Unfortunately, much of our society has seen too much of the ritual observance and too little of the ethical behavior from the church and has thrown the baby out with the bathwater, assuming that the only important thing is the ethical behavior piece. “What has ritual behavior done for anyone except make them hypocrites? Just ‘strive for justice and peace among all people and respect the dignity of every human being’ and you’ve pretty much got it covered.”

But from the church’s perspective, it’s not a question of either/or, but of both/and. It’s not ritual observance OR ethical behavior, it’s ritual observance AND ethical behavior. We can do ethical behavior without ritual observance, sure, but it’s a lot more likely to lead to burnout if we do. Because the ritual observances of the church are there to feed us, to guide us, to sustain us as we do that ethical behavior we’re called to do. We come to Eucharist not just for the sake of coming to Eucharist, not just to blindly obey a rule of the church, but to be renewed and recharged for the work God calls us to do in the world. We read the scripture and church theology not because the church gave us a homework assignment, but because the teachings of the church inspire and motivate us to work for justice and peace, and connect us with the saints who have gone before us, who have walked this path before, who know something about standing up against injustice. In our current day, the voices of Christians who have stood up against injustice in the past: from the earliest apostles who said to the Roman courts, “We must obey God rather than any human authority” (Acts 5:29) to the modern-day prophets like Dietrich Bonhoeffer in 1930s Germany, who challenged his church’s complicity in the Nazis’ rise to power, can inform our own struggles in this new era of American history, providing us with a sense that we are not alone in this work.

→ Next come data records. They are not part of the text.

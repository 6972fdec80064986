-- ===== src/PermissionSync/Eligible.antt =====
-- The state that a delegated run builds: which documents it takes for eligible, and on what ground.
use knowledge_graph_mvp.Prelude.{
  Bool-cases, In, In-add_of, In-add_self, In-contains, In-map, In-union, List, List-cases, Option,
  String, Text, [], add, any, any-of, ap, arith, contains, false, inl, inr, is_empty, keep, length,
  list_eq, nat_eq, refl, string_eq, subst, sym, union, ℕ, ◌==◌, ◌∷◌, ◌≡◌, ◌⊎◌,
}
use knowledge_graph_mvp.GoogleGroups.{GroupMembership}
use knowledge_graph_mvp.Models.{Env, SourceDocument, DriveFolder, AclDb}
use knowledge_graph_mvp.SpiceDb.{PermissionTuple, tuple_eq}
use knowledge_graph_mvp.PermissionSync.{CapturedAcl, document_acl}
use knowledge_graph_mvp.PermissionSync.Hierarchy.{folder_ids, include_descendants}
use knowledge_graph_mvp.PermissionSync.State.{
  Verdict, scan_folders, folder_reason, judge_document, active_folders, parent_tuple, acl_tuple,
  resource_tuples, raw_of, SyncResult, active_documents, build_state, eligible, membership_tuples,
  memberships_of, unresolved_of, excluded,
}
use knowledge_graph_mvp.PermissionSync.Tuples.{
  IsManaged, acl_tuples-In, document_tuples-IsManaged, folder_tuples-IsManaged,
}
use knowledge_graph_mvp.PermissionSync.Judged.{IsSupported, judge_document-IsEligible}
use knowledge_graph_mvp.PermissionSync.Collected.{HasScanned, scan_documents-HasScanned}
use knowledge_graph_mvp.PermissionSync.Hierarchy.Descendants.{IsBelow, include_descendants-IsBelow}
use knowledge_graph_mvp.Identifiers.{document_object_id}

module _ (env : Env) (connection_id : ℕ) where
  -- A relationship that a resource asks for is one of its own.
  pub resource_tuples-own :
      (resource_type : String) (resource_id : Text) (acl : Option CapturedAcl)
      (parent_ids ids : List Text) (t : PermissionTuple)
      → In t
          (resource_tuples env connection_id resource_type resource_id (raw_of acl) parent_ids ids)
      → (t.resource_type ≡ resource_type) × (t.resource_id ≡ resource_id)
  unfolding resource_tuples parent_tuple acl_tuple
  resource_tuples-own resource_type resource_id acl parent_ids ids t i =
      elim ((In-union t _ _).0 i) [
        | inl j ↦
            let (x, k, e) = In-map _ t (keep (contains ids) parent_ids) j in
            (ap (λ z. z.resource_type) e, ap (λ z. z.resource_id) e)
        | inr j ↦
            let (p, k, d, e) =
              acl_tuples-In env connection_id resource_type resource_id (raw_of acl) parent_ids ids
                t j in
            (ap (λ z. z.resource_type) e, ap (λ z. z.resource_id) e)
      ]

  module _ (db : AclDb) (unresolved ids : List Text) where
    -- A folder whose access list is refused is among the invalid ones.
    scan_folders-invalid :
        (f : DriveFolder) (fs : List DriveFolder)
        → In f fs
        → (folder_reason env connection_id db unresolved ids f == "") ≡ false
        → In f.drive_folder_id ((scan_folders env connection_id db unresolved ids fs).1)
    unfolding scan_folders
    scan_folders-invalid f [] i h = absurd i
    scan_folders-invalid f (g ∷ gs) (inl e) h =
        let h' : (folder_reason env connection_id db unresolved ids g == "") ≡ false =
          subst (λ z. (folder_reason env connection_id db unresolved ids z == "") ≡ false) e h in
        rw (h', scan_folders)
          (subst
            (λ z.
              In z.drive_folder_id
                (add g.drive_folder_id ((scan_folders env connection_id db unresolved ids gs).1)))
            (sym e)
            (In-add_self g.drive_folder_id
              ((scan_folders env connection_id db unresolved ids gs).1)))
    scan_folders-invalid f (g ∷ gs) (inr i) h =
        elim (Bool-cases (folder_reason env connection_id db unresolved ids g == "")) [
          | inl e ↦ rw (e, scan_folders) (scan_folders-invalid f gs i h)
          | inr e ↦ rw (e, scan_folders) (In-add_of _ _ _ (scan_folders-invalid f gs i h))
        ]

  module _ (db : AclDb) (group_emails : List Text)
      (resolved : Option (List (Text × GroupMembership))) where
    abbrev pub folders : List DriveFolder
    folders = active_folders db connection_id

    -- A folder of the connection that the run refuses.
    abbrev pub IsRefused : DriveFolder → Type 0
    IsRefused f =
        In f folders
        × ((folder_reason env connection_id db (unresolved_of group_emails resolved)
                (folder_ids folders) f
              == "")
            ≡ false)

    -- The documents' judgement under what the folders gave.
    abbrev invalid : List Text
    invalid =
        include_descendants
          ((scan_folders env connection_id db (unresolved_of group_emails resolved)
            (folder_ids folders) folders).1)
          folders

    abbrev judge : SourceDocument → Verdict
    judge =
        judge_document env connection_id db (unresolved_of group_emails resolved)
          (folder_ids folders) invalid

    abbrev result : SyncResult
    result = build_state env connection_id db group_emails resolved

    abbrev before : SyncResult
    before = record {
      desired = union (membership_tuples env connection_id (memberships_of resolved)) (
          (scan_folders env connection_id db (unresolved_of group_emails resolved)
            (folder_ids folders) folders).0);
      eligible_document_versions = [];
      excluded_document_reasons = [];
      groups_resolved = length (memberships_of resolved);
    }

    scanned : HasScanned judge before result (active_documents db connection_id)
    unfolding build_state
    scanned =
        scan_documents-HasScanned env connection_id db (unresolved_of group_emails resolved)
          (folder_ids folders) invalid before (active_documents db connection_id)

    -- Every desired relationship lies under the connection's prefix, and none is an `oauth_viewer`.
    pub desired-IsManaged : (t : PermissionTuple) → In t result.desired → IsManaged connection_id t
    desired-IsManaged t i = elim ((scanned.desired_iff t).0 i) [
      | inl j ↦
          folder_tuples-IsManaged env connection_id db (unresolved_of group_emails resolved)
            (folder_ids folders) (memberships_of resolved) folders t j
      | inr (d, k, (tuples, e, j)) ↦
          document_tuples-IsManaged env connection_id db (unresolved_of group_emails resolved)
            (folder_ids folders) invalid d tuples e t j
    ]

    -- What makes a document eligible: it is active, its access list is complete and supported, none
    -- of its parents is a refused folder or below one, and SpiceDB is asked for a relationship of it.
    pub record IsGrounded (d : SourceDocument) : Type 0 where
      pub is_active : In d (active_documents db connection_id)
      pub supported_type : (d.exclusion_reason == "unsupported_mime_type") ≡ false
      pub supported : IsSupported (document_acl db d) (unresolved_of group_emails resolved)
      pub no_refused_above :
          (parent : Text)
          → In parent d.parent_folder_ids
          → (f : DriveFolder) → IsRefused f
          → IsBelow folders f.drive_folder_id parent
          → ⊥
      pub has_grant :
          (t : PermissionTuple) × In t result.desired
          × (t.resource_type ≡ "kgm/document")
          × (t.resource_id ≡ document_object_id connection_id d.pk)

    eligible-IsGrounded :
        (d : SourceDocument) (tuples : List PermissionTuple)
        → In d (active_documents db connection_id)
        → judge d ≡ eligible tuples
        → IsGrounded d
    eligible-IsGrounded d tuples i e =
        let h =
          judge_document-IsEligible env connection_id db (unresolved_of group_emails resolved)
            (folder_ids folders) invalid d tuples e in
        record {
          is_active = i;
          supported_type = h.supported_type;
          supported = h.supported;
          no_refused_above = λ p j f r b.
              outside invalid d.parent_folder_ids p h.outside_invalid j (
                (include_descendants-IsBelow _ folders p).1 (
                  f.drive_folder_id,
                  scan_folders-invalid db (unresolved_of group_emails resolved) (folder_ids folders)
                      f folders (r.0) (r.1),
                  b,
                ));
          has_grant = elim (List-cases tuples) [
            | inl n ↦ absurd (none_left tuples h.has_grant n)
            | inr (t, ts, c) ↦
                let j : In t tuples = subst (In t) (sym c) (inl refl) in
                let (a, b) =
                  resource_tuples-own "kgm/document" (document_object_id connection_id d.pk)
                    (document_acl db d) d.parent_folder_ids (folder_ids folders) t
                    (subst (In t) h.are_its j) in
                (t, (scanned.desired_iff t).1 (inr (d, i, (tuples, e, j))), a, b)
          ];
        }
      where
        outside :
            (xs parents : List Text) (p : Text)
            → any (contains xs) parents ≡ false
            → In p parents
            → In p xs
            → ⊥
        outside xs parents p n i j =
            ground (arith, any-of (contains xs) p parents i (In-contains xs p j))

        none_left : (ts : List PermissionTuple) → is_empty ts ≡ false → ts ≡ [] → ⊥
        none_left [] n e = cc
        none_left (t ∷ ts) n e = cc

    -- Each active document of the connection is eligible with its version, and grounded, or it is
    -- excluded with a reason.
    pub judged :
        (d : SourceDocument)
        → In d (active_documents db connection_id)
        → (IsGrounded d × In (d.pk, d.source_permissions_version) result.eligible_document_versions)
          ⊎ ((reason : String) × In (d.pk, reason) result.excluded_document_reasons)
    judged d i = split (judge d) refl
      where
        split :
            (v : Verdict)
            → judge d ≡ v
            → (IsGrounded d
                × In (d.pk, d.source_permissions_version) result.eligible_document_versions)
              ⊎ ((reason : String) × In (d.pk, reason) result.excluded_document_reasons)
        split (excluded reason) e =
            inr (reason, (scanned.excluded_iff (d.pk, reason)).1 (inr (d, i, (reason, e, refl))))
        split (eligible tuples) e = inl (
          eligible-IsGrounded d tuples i e,
          (scanned.eligible_iff (d.pk, d.source_permissions_version)).1
              (inr (d, i, (tuples, e, refl))),
        )

    -- An eligible entry is of a grounded document, with the version of its access list.
    pub eligible_entry-IsGrounded :
        (e : ℕ × Text)
        → In e result.eligible_document_versions
        → (d : SourceDocument) × (e ≡ (d.pk, d.source_permissions_version)) × IsGrounded d
    eligible_entry-IsGrounded e i = elim ((scanned.eligible_iff e).0 i) [
      | inl z ↦ absurd z
      | inr (d, k, (tuples, h, p)) ↦ (d, p, eligible-IsGrounded d tuples k h)
    ]

    -- An excluded entry is of an active document.
    pub excluded_entry-In :
        (e : ℕ × String)
        → In e result.excluded_document_reasons
        → (d : SourceDocument) × In d (active_documents db connection_id) × (d.pk ≡ e.0)
    excluded_entry-In e i = elim ((scanned.excluded_iff e).0 i) [
      | inl z ↦ absurd z
      | inr (d, k, (reason, h, p)) ↦ (d, k, ap (λ z. z.0) (sym p))
    ]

We gather in community with other Christians, we receive the body and blood of Christ in the Eucharist, and we study the teachings of Christians who have gone before us to support and facilitate the hard work of ethical living and advocating for justice that God calls us to in our own day. Because if ALL we do is come to church and receive Eucharist and study scripture and we don’t offer sanctuary to refugees or feed the hungry or advocate for just governance in our land, our tradition is worthless and God’s not going to take our piety seriously – because we will have shown by our actions that we don’t really get it.